Official report recommends significant increases in Capital Gains Tax
A report from the Office for Tax Simplification (OTS) has recommended that ministers consider bringing rates of Capital Gains Tax (CGT) into line with Income Tax or consider addressing ‘boundary issues’ between CGT and Income Tax.
The report also recommends:
- Wide-ranging reductions in reliefs and allowances; and
- Less generous treatment of gains resulting from inherited assets;
- Reducing the threshold to £5,000.
CGT is levied at 10 per cent for basic rate taxpayers and 20 per cent for higher or additional rate taxpayers on gains from the disposal of assets worth £12,300 (£6,150 for trusts) or more at market value, including most personal possessions worth £6,000 or more, shares and business assets.
Property that is not a person’s main home and main homes that have been let out, used for business or which are very large are also subject to CGT but at 18 per cent for basic rate taxpayers and 28 per cent for higher or additional rate taxpayers.
Basic rate taxpayers must pay CGT at the higher rates on the value of any gains above the higher rate threshold of £50,000 a year.
Moving CGT in line with Income Tax would mean that basic rate taxpayers would pay 20 per cent of gains, rather than 10 or 18 per cent. Higher rate taxpayers would pay 40 per cent on gains, rather than 20 per cent or 28 per cent. Additional rate taxpayers would pay 45 per cent on gains, rather than 20 or 28 per cent.
Meanwhile, reducing the threshold from £12,300 to £5,000 would mean many more taxpayers would be subject to CGT and those who would already have to pay CGT would have to do so on a greater proportion of their income from disposals.

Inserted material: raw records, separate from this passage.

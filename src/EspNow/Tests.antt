-- ===== src/EspNow/Tests.antt =====
-- Fragments at concrete messages, and a gateway with a table of peers that is a list.
use microfips.Base.{
  ℕ, ◌≡◌, List, [], ◌∷◌, Option, replicate, length-replicate, refl, arith, inl, true, false,
  if◌then◌else◌,
}
use microfips.Exec.{ok, slice, slice_from}
use microfips.EspNow.Frag.{
  Reassembler, SrcReassembler, new, src_new, push_from, receive, transmit, transmit_all, fragments,
  payloads, next_fragment,
}
use microfips.EspNow.RoundTrip.{messages_arrive, AreShort}
use microfips.EspNow.Integrity.{message-IsFrom, after_calls, IsFrom, Call}
use microfips.EspNow.Peer.{Manager, owned_by}
use microfips.EspNow.Sticky.{contains, without, Documented, radio_holds_owner, IsSound}
use microfips.EspNow.Gateway.{Received, Gateway, run, new_gateway}
use microfips.EspNow.Gateway.Owner.{owner_messages_arrive, payloads_of}

-- A message of two fragments, an empty one and a short one; the message ids wrap.
abbrev three_messages : List (List ℕ)
three_messages = replicate 300 7 ∷ [] ∷ (1 ∷ 2 ∷ []) ∷ []

messages_arrive_example :
    (ps : List (List ℕ)) × (id' : ℕ) × (r' : Reassembler) × (transmit_all 254 three_messages
      ≡ ok (ps, id'))
    × AreShort ps
    × (receive new ps ≡ ok (three_messages, r'))
unfolding new
messages_arrive_example =
    messages_arrive 254 three_messages new (omega arith) (length-replicate {A = ℕ} 2048 0)

abbrev a_mac : List ℕ
a_mac = 1 ∷ 2 ∷ 3 ∷ 4 ∷ 5 ∷ 6 ∷ []

abbrev b_mac : List ℕ
b_mac = 9 ∷ 9 ∷ 9 ∷ 9 ∷ 9 ∷ 9 ∷ []

abbrev earlier : List Call
earlier = (a_mac, 7 ∷ 0 ∷ 1 ∷ 2 ∷ []) ∷ (b_mac, 7 ∷ 1 ∷ []) ∷ []

message-IsFrom_example :
    (s : SrcReassembler) × (out : Option (List ℕ)) × (s' : SrcReassembler) × (after_calls earlier
      ≡ ok s)
    × (push_from s a_mac (7 ∷ 129 ∷ 3 ∷ []) ≡ ok (out, s'))
    × IsFrom a_mac (7 ∷ 129 ∷ 3 ∷ []) earlier out
message-IsFrom_example = message-IsFrom earlier a_mac (7 ∷ 129 ∷ 3 ∷ [])

-- A table of any length: adding never fails.
abbrev list_manager : Manager
list_manager = record {
  Table = List (List ℕ);
  peer_exists = contains;
  add_peer = λ mac t. (true, mac ∷ t);
  remove_peer = λ mac t. (contains mac t, if contains mac t then without mac t else t);
}

list_remove_lem :
    (mac : List ℕ) (t : List (List ℕ))
    → contains mac t ≡ true
    → ((list_manager.remove_peer mac t).0 ≡ true)
      × ((list_manager.remove_peer mac t).1 ≡ without mac t)
list_remove_lem mac t h = rw h (refl, refl)

list_remove_unknown :
    (mac : List ℕ) (t : List (List ℕ))
    → contains mac t ≡ false
    → ((list_manager.remove_peer mac t).0 ≡ false) × ((list_manager.remove_peer mac t).1 ≡ t)
list_remove_unknown mac t h = rw h (refl, refl)

abbrev list_documented : Documented list_manager
list_documented = record {
  peers = λ t. t;
  exists_lem = λ mac t. refl;
  add_lem = λ mac t h. inl (refl, refl);
  remove_lem = list_remove_lem;
  remove_unknown = list_remove_unknown;
}

abbrev broadcast : List ℕ
broadcast = replicate 6 255

abbrev from_a : List ℕ → ℕ → Received
from_a payload now = record { src = a_mac; payload = payload; now = now }

abbrev from_b : List ℕ → ℕ → Received
from_b payload now = record { src = b_mac; payload = payload; now = now }

-- Two messages of the owner, with a frame of another station in between.
abbrev mixed : List Received
mixed =
    from_a (7 ∷ 128 ∷ 1 ∷ 2 ∷ 3 ∷ []) 1500
    ∷ from_b (7 ∷ 0 ∷ 9 ∷ []) 61000
    ∷ from_a (8 ∷ 128 ∷ 4 ∷ []) 61400
    ∷ []

-- The second station takes the slot over after the first has been silent.
abbrev swapping : List Received
swapping = from_a (7 ∷ 128 ∷ 1 ∷ []) 1500 ∷ from_b (7 ∷ 0 ∷ 9 ∷ []) 71000 ∷ []

radio_holds_owner_example :
    (ms : List (List ℕ)) × (g : Gateway list_manager) × (run list_manager
        (new_gateway list_manager (broadcast ∷ []))
        swapping
      ≡ ok (ms, g))
    × IsSound list_manager list_documented (broadcast ∷ []) g
radio_holds_owner_example =
    radio_holds_owner list_manager list_documented (broadcast ∷ []) (broadcast ∷ []) swapping refl
      (refl, (refl, tt))

abbrev owned : Gateway list_manager
owned = record {
  slot = owned_by a_mac 1000;
  reassembler = src_new;
  peer_mac = 0;
  table = a_mac ∷ [];
}

abbrev owner_sends : List (List ℕ)
owner_sends = (1 ∷ 2 ∷ 3 ∷ []) ∷ (4 ∷ []) ∷ []

sent_by_owner : transmit_all 7 owner_sends ≡ ok (payloads_of a_mac mixed, 9)
unfolding transmit_all transmit fragments payloads next_fragment slice slice_from
sent_by_owner = refl

owner_messages_arrive_example :
    (g' : Gateway list_manager) × (run list_manager owned mixed ≡ ok (owner_sends, g'))
unfolding src_new new
owner_messages_arrive_example =
    owner_messages_arrive list_manager owned a_mac 1000 7 9 owner_sends mixed refl
      (length-replicate {A = ℕ} 2048 0) (omega arith) (omega arith) sent_by_owner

Should the Chancellor opt to implement recommendations from the report, it is likely that they would particularly affect landlords, small business owners, investors and second home owners.
The OTS report will add fuel to mounting speculation that CGT could be in the Chancellor’s sights, potentially as soon as the Budget in March, as he looks to plug the hole in the public finances following the Coronavirus crisis.
A recent report from the Institute for Fiscal Studies (IFS) said that it is ‘all but inevitable’ that there will be tax rises of more than £40 billion a year by the middle of the decade.
The growing consensus that there will be substantial tax rises in the coming years means careful tax planning that takes into account your whole financial position is more important than ever.